Dataset entries.

-- ===== src/Store/Memory/Tests.antt =====
-- Three puts for two ids, and each theorem at them.
use mathlib.Core.List.{reverse}
use kp.Common.{◌≡◌, none, some, List, [], ◌∷◌, map, Text, lit, take}
use kp.Policy.Types.{Verdict}
use kp.Store.{StoredReceipt}
use kp.Store.Memory.{empty_store, get, list, put_all}
use kp.Store.Memory.Refines.{latest, first_ids, get-put_all, list-put_all}

abbrev stored : Text → Text → StoredReceipt
stored id digest = record {
  receipt = record {
    intent_id = id;
    intent_hash = lit "0x01";
    policy_hash = lit "0x02";
    guard = lit "0x03";
    chain_id = 1;
    verdict = Verdict.deny;
    reasons = [];
    simulation = none;
    execution = none;
    at = lit "2026";
  };
  digest = digest;
  anchor = none;
}

abbrev puts : List StoredReceipt
puts =
    stored (lit "a") (lit "0x0a")
    ∷ stored (lit "b") (lit "0x0b")
    ∷ stored (lit "a") (lit "0x0c")
    ∷ []

get-put_all_example :
    get (lit "a") (put_all puts empty_store) ≡ latest (lit "a") puts (get (lit "a") empty_store)
get-put_all_example = get-put_all (lit "a") puts empty_store

list-put_all_example :
    (out : List StoredReceipt) × (list (some 1) (put_all puts empty_store) ≡ map (λ r. some r) out)
    × (map (λ r. r.receipt.intent_id) out ≡ take 1 (reverse (first_ids [] puts)))
list-put_all_example = list-put_all puts (some 1)
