-- ===== src/Fsm.antt =====
-- src/fsm/fsm.c: the state machine of the daemon.
pub mod Kept
pub mod Actions
pub mod Transition
pub mod Frames
pub mod Running
pub mod Invariant
pub mod Rounds
pub mod Branches
pub mod Safety
pub mod Total
pub mod Restored
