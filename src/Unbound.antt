-- ===== src/Unbound.antt =====
-- src/dns_managers/unbound_manager.c: the configuration of the Unbound resolver.
pub mod Select
pub mod Zones
pub mod Authority
pub mod Commands
pub mod Compare
pub mod Update
pub mod ResolvConf
pub mod Write
pub mod Total
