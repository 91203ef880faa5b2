-- ===== src/Mem/Gpa/Lookup.antt =====
-- `gpa_to_hva` against the relation between guest and host addresses that a list of regions means.
use masters_proj.Prelude.{
  ℕ, ◌+◌, ◌-◌, ◌*◌, ◌^◌, ◌≤◌, ◌<◌, ◌≡◌, ◌≢◌, refl, ◌⊎◌, inl, inr, ◌↔◌, List, [], ◌∷◌, arith, leb,
  ltb, All, Bool-cases, sym, ◌∙◌, subst,
}
use masters_proj.Mem.State.{Region, Mem}
use masters_proj.Mem.Gpa.{region_end, passed, reached, locate, gpa_to_hva}
use masters_proj.Mem.Gpa.Layout.{end_of, Layout, Apart, Separate, IsValid, region_end-eq, insert}

-- Region `r` backs the guest address `a` by the host address `h`.
pub record Backs (r : Region) (a h : ℕ) : Type 0 where
  pub above : r.gpa ≤ a
  pub below : a < end_of r
  pub at : h ≡ r.hva + (a - r.gpa)

-- Some region of the list does.
pub data Maps : List Region → ℕ → ℕ → Type 0 where
  here : {r : Region} {rs : List Region} {a h : ℕ} → Backs r a h → Maps (r ∷ rs) a h
  there : {r : Region} {rs : List Region} {a h : ℕ} → Maps rs a h → Maps (r ∷ rs) a h

-- A backed address lies at or above the start of the list.
pub Maps-ge : {a h : ℕ} (lo : ℕ) (rs : List Region) → Layout lo rs → Maps rs a h → lo ≤ a
Maps-ge lo [] l m = elim m [ ]
Maps-ge lo (r ∷ rs) l (here b) = omega arith
Maps-ge lo (r ∷ rs) l (there m) = omega (arith, Maps-ge (end_of r) rs l.2 m)

pub locate_complete :
    {a h : ℕ} (lo : ℕ) (rs : List Region) → Layout lo rs → Maps rs a h → locate a rs ≡ h
unfolding locate
locate_complete lo [] l m = elim m [ ]
locate_complete lo (r ∷ rs) l (here b) = ground (arith, region_end-eq r l.1)
locate_complete lo (r ∷ rs) l (there m) =
    ground
      (arith, region_end-eq r l.1, Maps-ge (end_of r) rs l.2 m, locate_complete (end_of r) rs l.2 m)

pub locate_sound :
    (a : ℕ) (lo : ℕ) (rs : List Region) → Layout lo rs → locate a rs ≢ 0 → Maps rs a (locate a rs)
unfolding locate
locate_sound a lo [] l h = absurd (h refl)
locate_sound a lo (r ∷ rs) l h = elim (Bool-cases (leb r.gpa a)) [
  | inl above ↦ elim (Bool-cases (ltb a (region_end r))) [
    | inl below ↦
        rw (above, below)
          (here (record {
            above = ground arith;
            below = ground (arith, region_end-eq r l.1);
            at = refl;
          }))
    | inr past ↦ rw (above, past) (there (locate_sound a (end_of r) rs l.2 (rw (above, past) at h)))
  ]
  | inr early ↦ absurd (rw early at h refl)
]

pub Maps-hva : {a h : ℕ} (lo : ℕ) (rs : List Region) → Layout lo rs → Maps rs a h → 0 < h
Maps-hva lo [] l m = elim m [ ]
Maps-hva lo (r ∷ rs) l (here b) = omega arith
Maps-hva lo (r ∷ rs) l (there m) = Maps-hva (end_of r) rs l.2 m

pub Maps-lt : {a h : ℕ} (lo : ℕ) (rs : List Region) → Layout lo rs → Maps rs a h → a + 1 < 2 ^ 64
Maps-lt lo [] l m = elim m [ ]
Maps-lt lo (r ∷ rs) l (here b) = omega arith
Maps-lt lo (r ∷ rs) l (there m) = Maps-lt (end_of r) rs l.2 m

-- In a well-formed state `gpa_to_hva` returns a host address exactly for the guest addresses that
-- a region covers, and it is the region's; for all others it returns NULL.
pub gpa_to_hva-Maps_iff :
    (m : Mem) (a h : ℕ) → IsValid m.regions → ((gpa_to_hva m a ≡ h) × (h ≢ 0)) ↔ Maps m.regions a h
unfolding gpa_to_hva
gpa_to_hva-Maps_iff m a h v = (
  λ (e, ne).
      subst (λ k. Maps m.regions a k) e (locate_sound a 0 m.regions v.layout λ z. ne (sym e ∙ z)),
  λ b. (
    locate_complete 0 m.regions v.layout b,
    λ z. absurd (omega (arith, Maps-hva 0 m.regions v.layout b)),
  ),
)

pub Maps-cons :
    {r : Region} {rs : List Region} {a h : ℕ} → Maps (r ∷ rs) a h → Backs r a h ⊎ Maps rs a h
Maps-cons (here b) = inl b
Maps-cons (there m) = inr m

-- What is mapped after an insertion.
pub insert-Maps :
    {a h : ℕ} (new : Region) (rs : List Region)
    → Maps (insert new rs) a h
    → Backs new a h ⊎ Maps rs a h
unfolding passed reached
insert-Maps new [] (here b) = inl b
insert-Maps new [] (there m) = elim m [ ]
insert-Maps {a} {h} new (r ∷ rs) m = elim (Bool-cases (leb (region_end r) new.gpa)) [
  | inl past ↦ elim (Maps-cons (rw past at m)) [
    | inl b ↦ inr (here b)
    | inr m' ↦ elim (insert-Maps new rs m') [ inl b ↦ inl b | inr old ↦ inr (there old) ]
  ]
  | inr early ↦ Maps-cons (rw early at m)
]

pub Maps-insert_new :
    {a h : ℕ} (new : Region) (rs : List Region) → Backs new a h → Maps (insert new rs) a h
unfolding passed reached
Maps-insert_new new [] b = here b
Maps-insert_new new (r ∷ rs) b = elim (Bool-cases (leb (region_end r) new.gpa)) [
  | inl past ↦ rw past (there (Maps-insert_new new rs b))
  | inr early ↦ rw early (here b)
]

pub Maps-insert_old :
    {a h : ℕ} (new : Region) (rs : List Region) → Maps rs a h → Maps (insert new rs) a h
unfolding passed reached
Maps-insert_old new [] m = elim m [ ]
Maps-insert_old new (r ∷ rs) m = elim (Bool-cases (leb (region_end r) new.gpa)) [
  | inl past ↦
      rw past (elim (Maps-cons m) [ inl b ↦ here b | inr m' ↦ there (Maps-insert_old new rs m') ])
  | inr early ↦ rw early (there m)
]

-- A mapping of the rest lies outside the host memory of a region that is apart from the rest.
pub Maps-outside :
    {a h : ℕ} (r : Region) (rs : List Region)
    → All (Apart r) rs
    → Maps rs a h
    → (h < r.hva) ⊎ (r.hva + r.npages * 4096 ≤ h)
Maps-outside r [] s m = elim m [ ]
Maps-outside r (x ∷ rs) s (here b) = ground arith
Maps-outside r (x ∷ rs) s (there m) = Maps-outside r rs s.1 m

pub Maps-inj : {a b h : ℕ} (rs : List Region) → Separate rs → Maps rs a h → Maps rs b h → a ≡ b
Maps-inj [] s m n = elim m [ ]
Maps-inj (r ∷ rs) s (here p) (here q) = omega arith
Maps-inj (r ∷ rs) s (here p) (there n) = absurd (omega (arith, Maps-outside r rs s.0 n))
Maps-inj (r ∷ rs) s (there m) (here q) = absurd (omega (arith, Maps-outside r rs s.0 m))
Maps-inj (r ∷ rs) s (there m) (there n) = Maps-inj rs s.1 m n
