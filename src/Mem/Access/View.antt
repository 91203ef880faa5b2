-- ===== src/Mem/Access/View.antt =====
-- Guest memory as a partial map from addresses to bytes, which is what `vm_mem_read` and
-- `vm_mem_write` work on.
use masters_proj.Prelude.{
  ℕ, suc, ◌+◌, ◌^◌, ◌≤◌, ◌<◌, ◌≡◌, ◌≢◌, refl, ◌⊎◌, inl, inr, true, List, [], length, take, ap, ◌∷◌,
  arith, Bool-cases, sym, ◌∙◌, if◌then◌else◌, Option, some, none, ◌==◌, u64, ne→==-false,
}
use masters_proj.Mem.State.{Mem}
use masters_proj.Mem.Gpa.{gpa_to_hva}
use masters_proj.Mem.Gpa.Layout.{IsValid}
use masters_proj.Mem.Gpa.Lookup.{Maps-lt, Maps-inj, gpa_to_hva-Maps_iff}
use masters_proj.Mem.Access.{poke, vm_mem_read, vm_mem_write}

-- The byte at a guest address, if one is mapped there.
unfoldable pub view : Mem → ℕ → Option ℕ
view m a = if gpa_to_hva m a == 0 then none else some (m.bytes (gpa_to_hva m a))

abbrev pub Mapped : Mem → ℕ → Type 0
Mapped m a = gpa_to_hva m a ≢ 0

-- The bytes from an address on.
abbrev pub Holds : Mem → ℕ → List ℕ → Type 0
Holds m a [] = Unit
Holds m a (b ∷ bs) = (view m a ≡ some b) × Holds m (a + 1) bs

pub Mapped-lt : (m : Mem) (a : ℕ) → IsValid m.regions → Mapped m a → a + 1 < 2 ^ 64
Mapped-lt m a v h =
    Maps-lt 0 m.regions v.layout ((gpa_to_hva-Maps_iff m a (gpa_to_hva m a) v).0 (refl, h))

-- Two guest addresses have no byte in common.
pub gpa_to_hva-inj :
    (m : Mem) (a b : ℕ) → IsValid m.regions → Mapped m a → gpa_to_hva m a ≡ gpa_to_hva m b → a ≡ b
gpa_to_hva-inj m a b v h e =
    Maps-inj m.regions v.separate ((gpa_to_hva-Maps_iff m a (gpa_to_hva m a) v).0 (refl, h))
      ((gpa_to_hva-Maps_iff m b (gpa_to_hva m a) v).0 (sym e, h))

gpa_to_hva-poke : (m : Mem) (h b a : ℕ) → gpa_to_hva (poke m h b) a ≡ gpa_to_hva m a
unfolding gpa_to_hva
gpa_to_hva-poke m h b a = refl

-- A store changes the byte at its own address alone.
pub view-poke :
    (m : Mem) (a v c : ℕ)
    → IsValid m.regions
    → Mapped m a
    → view (poke m (gpa_to_hva m a) v) c ≡ (if a == c then some v else view m c)
unfolding view
view-poke m a v c ok h =
    ground (arith, gpa_to_hva-poke m (gpa_to_hva m a) v c, gpa_to_hva-inj m a c ok h)

view-none : (m : Mem) (a : ℕ) → (gpa_to_hva m a == 0) ≡ true → view m a ≡ none
unfolding view
view-none m a h = rw h

pub view-Mapped : (m : Mem) (a b : ℕ) → view m a ≡ some b → Mapped m a
unfolding view
view-Mapped m a b h = ground arith

view-byte : (m : Mem) (a b : ℕ) → view m a ≡ some b → m.bytes (gpa_to_hva m a) ≡ b
unfolding view
view-byte m a b h = ground arith

-- `vm_mem_read` of mapped bytes returns all of them.
pub vm_mem_read-Holds :
    (m : Mem) (a : ℕ) (buf bs : List ℕ)
    → IsValid m.regions
    → Holds m a bs
    → length buf ≡ length bs
    → vm_mem_read m a buf ≡ (length bs, bs)
unfolding vm_mem_read
vm_mem_read-Holds m a [] [] v h e = refl
vm_mem_read-Holds m a [] (b ∷ bs) v h e = absurd (omega arith)
vm_mem_read-Holds m a (x ∷ buf) [] v h e = absurd (omega arith)
vm_mem_read-Holds m a (x ∷ buf) (b ∷ bs) v h e =
    let mapped = view-Mapped m a b h.0 in
    let next : u64 (a + 1) ≡ a + 1 = omega (arith, Mapped-lt m a v mapped) in
    rw (next, ne→==-false _ _ mapped, vm_mem_read-Holds m (a + 1) buf bs v h.1 (omega arith))
      (ap (λ x. (suc (length bs), x ∷ bs)) (view-byte m a b h.0))

-- How a write ends: the state differs from `m` in the first `k` bytes of `bs`, which stand from `a`
-- on, and all were written unless the next address is not mapped.
pub record Written (a : ℕ) (bs : List ℕ) (m : Mem) (k : ℕ) (m' : Mem) : Type 0 where
  pub regions : m'.regions ≡ m.regions
  pub pml4 : m'.pml4 ≡ m.pml4
  pub pml4_gpa : m'.pml4_gpa ≡ m.pml4_gpa
  pub count : k ≤ length bs
  pub inside : Holds m' a (take k bs)
  pub outside : (c : ℕ) → (c < a) ⊎ (a + k ≤ c) → view m' c ≡ view m c
  pub stop : k < length bs → view m (a + k) ≡ none

Written-stop : (m : Mem) (a b : ℕ) (bs : List ℕ) → view m a ≡ none → Written a (b ∷ bs) m 0 m
Written-stop m a b bs h = record {
  regions = refl;
  pml4 = refl;
  pml4_gpa = refl;
  count = omega arith;
  inside = tt;
  outside = λ c o. refl;
  stop = λ l. ap (view m) (omega arith) ∙ h;
}

Written-step :
    (m m' : Mem) (a b k : ℕ) (bs : List ℕ)
    → IsValid m.regions
    → Mapped m a
    → Written (a + 1) bs (poke m (gpa_to_hva m a) b) k m'
    → Written a (b ∷ bs) m (suc k) m'
Written-step m m' a b k bs v h w = record {
  regions = w.regions;
  pml4 = w.pml4;
  pml4_gpa = w.pml4_gpa;
  count = omega (arith, w.count);
  inside = (w.outside a (omega arith) ∙ ground (arith, view-poke m a b a v h), w.inside);
  outside = λ c o. w.outside c (omega arith) ∙ ground (arith, view-poke m a b c v h);
  stop = λ l.
      let next : a + suc k ≡ a + 1 + k = omega arith in
      ground (arith, next, view-poke m a b (a + 1 + k) v h, w.stop (omega arith));
}

-- In a state with well-formed regions `vm_mem_write` stores the bytes in order from `gpa` on and
-- stops early only at an address that is not mapped; it changes no other byte of guest memory, no
-- region and not the root table.
pub vm_mem_write-Written :
    (a : ℕ) (bs : List ℕ) (m : Mem)
    → IsValid m.regions
    → Written a bs m (vm_mem_write a bs m).0 (vm_mem_write a bs m).1
unfolding vm_mem_write
vm_mem_write-Written a [] m v = record {
  regions = refl;
  pml4 = refl;
  pml4_gpa = refl;
  count = omega arith;
  inside = tt;
  outside = λ c o. refl;
  stop = λ l. elim l [ ];
}
vm_mem_write-Written a (b ∷ bs) m v = elim (Bool-cases (gpa_to_hva m a == 0)) [
  | inl null ↦ rw null (Written-stop m a b bs (view-none m a null))
  | inr found ↦
      let h : Mapped m a = ground arith in
      let next : u64 (a + 1) ≡ a + 1 = omega (arith, Mapped-lt m a v h) in
      rw (found, next)
        (Written-step m _ a b _ bs v h
          (vm_mem_write-Written (a + 1) bs (poke m (gpa_to_hva m a) b) v))
]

WHAT YOU WILL DO. A word-for-word copy of the lines above from the one with "Maps-cons (there m) = inr m" through the one with "insert-Maps new [] (here b) = inl b", inclusive, is the only output wanted.

ANSWER TO THIS TASK.
Maps-cons (there m) = inr m

-- What is mapped after an insertion.
pub insert-Maps :
    {a h : ℕ} (new : Region) (rs : List Region)
    → Maps (insert new rs) a h
    → Backs new a h ⊎ Maps rs a h
unfolding passed reached
insert-Maps new [] (here b) = inl b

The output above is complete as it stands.